> [Data provided]
-.-.-

-- ===== src/Metrics/Whole.antt =====
-- What the page of the counters relies on.
use Prim.Native.String
use mathlib.Core.Path.{subst}
use text.Mathlib.TextLemmas.{cons-append, nil-append}
use merkle_evidence_vault.Prelude.{
  Bool, Bool-cases, List, Option-cases, String, [], ap, arith, eq_iff, false, if◌then◌else◌, inl,
  inr, length, none, refl, some, sym, true, ℕ, ◌==◌, ◌∙◌, ◌∷◌, ◌≡◌, ◌⊎◌, string_key,
}
use merkle_evidence_vault.Prelude.Dict.{
  Dict, insert, lookup, lookup-insert, lookup-insert_self, lookup-nil,
}
use merkle_evidence_vault.Text.{cut}
use merkle_evidence_vault.Text.Cuts.{cut-append}
use merkle_evidence_vault.Metrics.{
  HttpMetrics, Observation, add_at, add_to_buckets, buckets_at, classify_operation,
  classify_status_class, duration_buckets, new_bucket_counters, no_metrics, observe,
}
use merkle_evidence_vault.Metrics.Laws.{observe_all}

-- The page's needs: every operation with buckets has a count, its buckets are as many as the bounds,
-- and the keys by operation and status have the separator.
pub record IsWhole (m : HttpMetrics) : Type 0 where
  pub counted :
      (op : String) (cs : List ℕ)
      → lookup op m.duration_buckets_by_op ≡ some cs
      → (n : ℕ) × (lookup op m.duration_count_by_operation ≡ some n)
  pub sized :
      (op : String) (cs : List ℕ)
      → lookup op m.duration_buckets_by_op ≡ some cs
      → length cs ≡ length duration_buckets
  pub parted :
      (k : String) (n : ℕ)
      → lookup k m.requests_by_operation_status ≡ some n
      → (p : String × String) × (cut b'|' k ≡ some p)

IsWhole-no_metrics : IsWhole no_metrics
IsWhole-no_metrics = record {
  counted = λ op cs e. absurd (ground (arith, lookup-nil {V = List ℕ} op));
  sized = λ op cs e. absurd (ground (arith, lookup-nil {V = List ℕ} op));
  parted = λ k n e. absurd (ground (arith, lookup-nil {V = ℕ} k));
}

lookup-insert_inv :
    {A : Type 0} (k j : String) (v w : A) (d : Dict String A)
    → lookup j (insert k v d) ≡ some w
    → ((k ≡ j) × (v ≡ w)) ⊎ (lookup j d ≡ some w)
lookup-insert_inv k j v w d e = elim (Bool-cases (k == j)) [
  | inl same ↦ let at = lookup-insert k j v d in inl ((eq_iff k j).0 same, ground arith)
  | inr differs ↦ let at = lookup-insert k j v d in inr (ground arith)
]

lookup-insert_known :
    {A : Type 0} (k j : String) (v : A) (d : Dict String A)
    → (k ≡ j) ⊎ ((w : A) × (lookup j d ≡ some w))
    → (w : A) × (lookup j (insert k v d) ≡ some w)
lookup-insert_known k j v d (inl same) =
    (v, subst (λ i. lookup i (insert k v d) ≡ some v) same (lookup-insert_self k v d))
lookup-insert_known k j v d (inr (w, found)) = elim (Bool-cases (k == j)) [
  | inl same ↦ (v, rw (lookup-insert k j v d, same) refl)
  | inr differs ↦ (w, rw (lookup-insert k j v d, differs) found)
]

length-add_to_buckets :
    (micros : ℕ) (bounds counters : List ℕ)
    → length counters ≡ length bounds
    → length (add_to_buckets micros bounds counters) ≡ length bounds
unfolding add_to_buckets
length-add_to_buckets micros [] counters same = same
length-add_to_buckets micros (bound ∷ bounds) [] same = same
length-add_to_buckets micros (bound ∷ bounds) (n ∷ counters) same =
    omega (arith, length-add_to_buckets micros bounds counters (omega arith))

length-buckets_at :
    (op : String) (m : HttpMetrics) → IsWhole m → length (buckets_at op m) ≡ length duration_buckets
unfolding new_bucket_counters
length-buckets_at op m whole = elim (Option-cases (lookup op m.duration_buckets_by_op)) [
  | inl missing ↦ rw missing refl
  | inr (cs, found) ↦ rw found (whole.sized op cs found)
]

classify_operation-unparted :
    (method path : String) → cut b'|' (classify_operation method path) ≡ none
unfolding classify_operation cut
classify_operation-unparted method path = chosen _ _
  where
    chosen :
        (ingests reads : Bool)
        → cut b'|' (if ingests then "ingest" else if reads then "proof" else "other") ≡ none
    chosen true reads = refl
    chosen false true = refl
    chosen false false = refl

cut-key :
    (op class : String)
    → cut b'|' op ≡ none
    → cut b'|' (String.◌++◌ op (String.◌++◌ "|" class)) ≡ some (op, class)
cut-key op class whole =
    rw (cons-append "|" "" class, nil-append class) (cut-append b'|' "|" op class refl whole)

observe-IsWhole : (o : Observation) (m : HttpMetrics) → IsWhole m → IsWhole (observe o m)
unfolding observe add_at
observe-IsWhole o m whole =
    let op = classify_operation o.method o.path in
    let class = classify_status_class o.status in
    let buckets = add_to_buckets o.micros duration_buckets (buckets_at op m) in
    record {
      counted = λ k cs e.
          lookup-insert_known op k _ m.duration_count_by_operation
            (elim (lookup-insert_inv op k buckets cs m.duration_buckets_by_op e) [
              | inl (same, _) ↦ inl same
              | inr old ↦ inr (whole.counted k cs old)
            ]);
      sized = λ k cs e. elim (lookup-insert_inv op k buckets cs m.duration_buckets_by_op e) [
        | inl (_, same) ↦
            ap length (sym same)
            ∙ length-add_to_buckets o.micros duration_buckets (buckets_at op m)
                (length-buckets_at op m whole)
        | inr old ↦ whole.sized k cs old
      ];
      parted = λ k n e.
          elim (lookup-insert_inv (String.◌++◌ op (String.◌++◌ "|" class)) k _ n
            m.requests_by_operation_status e) [
              | inl (same, _) ↦ (
                (op, class),
                ap (cut b'|') (sym same)
                    ∙ cut-key op class (classify_operation-unparted o.method o.path),
              )
              | inr old ↦ whole.parted k n old
            ];
    }

pub observe_all-IsWhole : (os : List Observation) → IsWhole (observe_all os)
unfolding observe_all
observe_all-IsWhole [] = IsWhole-no_metrics
observe_all-IsWhole (o ∷ os) = observe-IsWhole o (observe_all os) (observe_all-IsWhole os)
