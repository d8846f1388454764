-- ===== src/Metrics/Shown.antt =====
-- The page of the counters, and the counters that it reads.
use Prim.Native.String
use merkle_evidence_vault.Prelude.{
  Key, List, Option, String, [], arith, length, none, refl, some, ℕ, ◌∷◌, ◌≡◌, string_key,
}
use merkle_evidence_vault.Prelude.Int.{int_key}
use merkle_evidence_vault.Prelude.Sorted.{All}
use merkle_evidence_vault.Prelude.Dict.{Dict, lookup}
use merkle_evidence_vault.Http.{new_response, set_header, write_text}
use merkle_evidence_vault.Metrics.{HttpMetrics, Observation, duration_buckets}
use merkle_evidence_vault.Metrics.Laws.{observe_all}
use merkle_evidence_vault.Metrics.Page.{
  Floats, Orders, all_texts, bucket_lines, bucket_sample, count_line, entry, heading, infinity_line,
  metrics_handler, operation_buckets, operation_line, page, page_parts, range, status_line,
  sum_line, then_text,
}
use merkle_evidence_vault.Metrics.Whole.{IsWhole, observe_all-IsWhole}

abbrev pub IsText : Option String → Type 0
IsText o = (s : String) × (o ≡ some s)

then_text-IsText : (a b : Option String) → IsText a → IsText b → IsText (then_text a b)
unfolding then_text
then_text-IsText a b (s, ea) (t, eb) = (String.◌++◌ s t, rw (ea, eb) refl)

range-IsText :
    {K A : Type 0} ⦃key : Key K⦄ (body : K → A → Option String) (m : Dict K A) (order : List K)
    → ((k : K) (a : A) → lookup k m ≡ some a → IsText (body k a))
    → IsText (range body m order)
unfolding range
range-IsText body m [] h = ("", refl)
range-IsText {A = A} body m (k ∷ order) h =
    then_text-IsText (entry body k (lookup k m)) (range body m order) (shown (lookup k m) refl)
      (range-IsText body m order h)
  where
    shown : (found : Option A) → lookup k m ≡ found → IsText (entry body k found)
    shown none e = ("", refl)
    shown (some a) e = h k a e

bucket_lines-IsText :
    (f : Floats) (op : String) (bounds counters : List ℕ)
    → length counters ≡ length bounds
    → IsText (bucket_lines f op bounds counters)
unfolding bucket_lines then_text
bucket_lines-IsText f op [] counters same = ("", refl)
bucket_lines-IsText f op (le ∷ bounds) [] same = absurd (omega arith)
bucket_lines-IsText f op (le ∷ bounds) (n ∷ counters) same =
    then_text-IsText (some (bucket_sample op (f.bound le) n)) (bucket_lines f op bounds counters)
      (bucket_sample op (f.bound le) n, refl)
      (bucket_lines-IsText f op bounds counters (omega arith))

operation_buckets-IsText :
    (f : Floats) (m : HttpMetrics) (op : String) (cs : List ℕ)
    → IsWhole m
    → lookup op m.duration_buckets_by_op ≡ some cs
    → IsText (operation_buckets f m op cs)
unfolding operation_buckets
operation_buckets-IsText f m op cs whole found =
    let (n, counted) = whole.counted op cs found in
    then_text-IsText (bucket_lines f op duration_buckets cs)
      (infinity_line op (lookup op m.duration_count_by_operation))
      (bucket_lines-IsText f op duration_buckets cs (whole.sized op cs found))
      (rw (counted, infinity_line) (_, refl))

operation_line-IsText :
    (m : HttpMetrics) (k : String) (n : ℕ)
    → IsWhole m
    → lookup k m.requests_by_operation_status ≡ some n
    → IsText (operation_line k n)
operation_line-IsText m k n whole found =
    let (p, parts) = whole.parted k n found in rw (operation_line, parts) (_, refl)

all_texts-IsText : (os : List (Option String)) → All IsText os → IsText (all_texts os)
unfolding all_texts
all_texts-IsText [] h = ("", refl)
all_texts-IsText (o ∷ os) (first, rest) =
    then_text-IsText o (all_texts os) first (all_texts-IsText os rest)

pub page-IsText :
    (f : Floats) (orders : Orders) (m : HttpMetrics) → IsWhole m → IsText (page f orders m)
unfolding page page_parts heading
page-IsText f orders m whole =
    let statuses =
      range-IsText (status_line f) m.requests_by_status orders.statuses (λ k n found. (_, refl)) in
    let operations =
      range-IsText operation_line m.requests_by_operation_status orders.operation_statuses
        (λ k n found. operation_line-IsText m k n whole found) in
    let buckets =
      range-IsText (operation_buckets f m) m.duration_buckets_by_op orders.buckets
        (λ op cs found. operation_buckets-IsText f m op cs whole found) in
    let sums =
      range-IsText (sum_line f) m.duration_sum_by_operation orders.sums (λ k n found. (_, refl)) in
    let counts =
      range-IsText count_line m.duration_count_by_operation orders.counts
        (λ k n found. (_, refl)) in
    all_texts-IsText (page_parts f orders m) (
      (_, refl),
      (
        (_, refl),
        (
          (_, refl),
          (
            (_, refl),
            (
              (_, refl),
              (
                (_, refl),
                (
                  (_, refl),
                  (
                    statuses,
                    (
                      (_, refl),
                      (
                        operations,
                        ((_, refl), (buckets, ((_, refl), (sums, ((_, refl), (counts, tt)))))),
                      ),
                    ),
                  ),
                ),
              ),
            ),
          ),
        ),
      ),
    )

-- After any requests and whatever the orders of the loops, the handler answers with the page: the
-- code meets no missing counter, no short list of buckets and no key without its separator.
pub metrics_handler-answers :
    (f : Floats) (orders : Orders) (os : List Observation)
    → (text : String) × (page f orders (observe_all os) ≡ some text)
      × (metrics_handler f orders (observe_all os) new_response
          ≡ some (
              write_text text (set_header "Content-Type" "text/plain; version=0.0.4" new_response)))
unfolding metrics_handler
metrics_handler-answers f orders os =
    let (text, shown) = page-IsText f orders (observe_all os) (observe_all-IsWhole os) in
    (text, shown, rw (shown, metrics_handler) refl)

-.-.-

> [Aim of the exercise] Copy out each line of the entries that holds "ground".

> [Solution]
  counted = λ op cs e. absurd (ground (arith, lookup-nil {V = List ℕ} op));
  sized = λ op cs e. absurd (ground (arith, lookup-nil {V = List ℕ} op));
  parted = λ k n e. absurd (ground (arith, lookup-nil {V = ℕ} k));
  | inl same ↦ let at = lookup-insert k j v d in inl ((eq_iff k j).0 same, ground arith)
  | inr differs ↦ let at = lookup-insert k j v d in inr (ground arith)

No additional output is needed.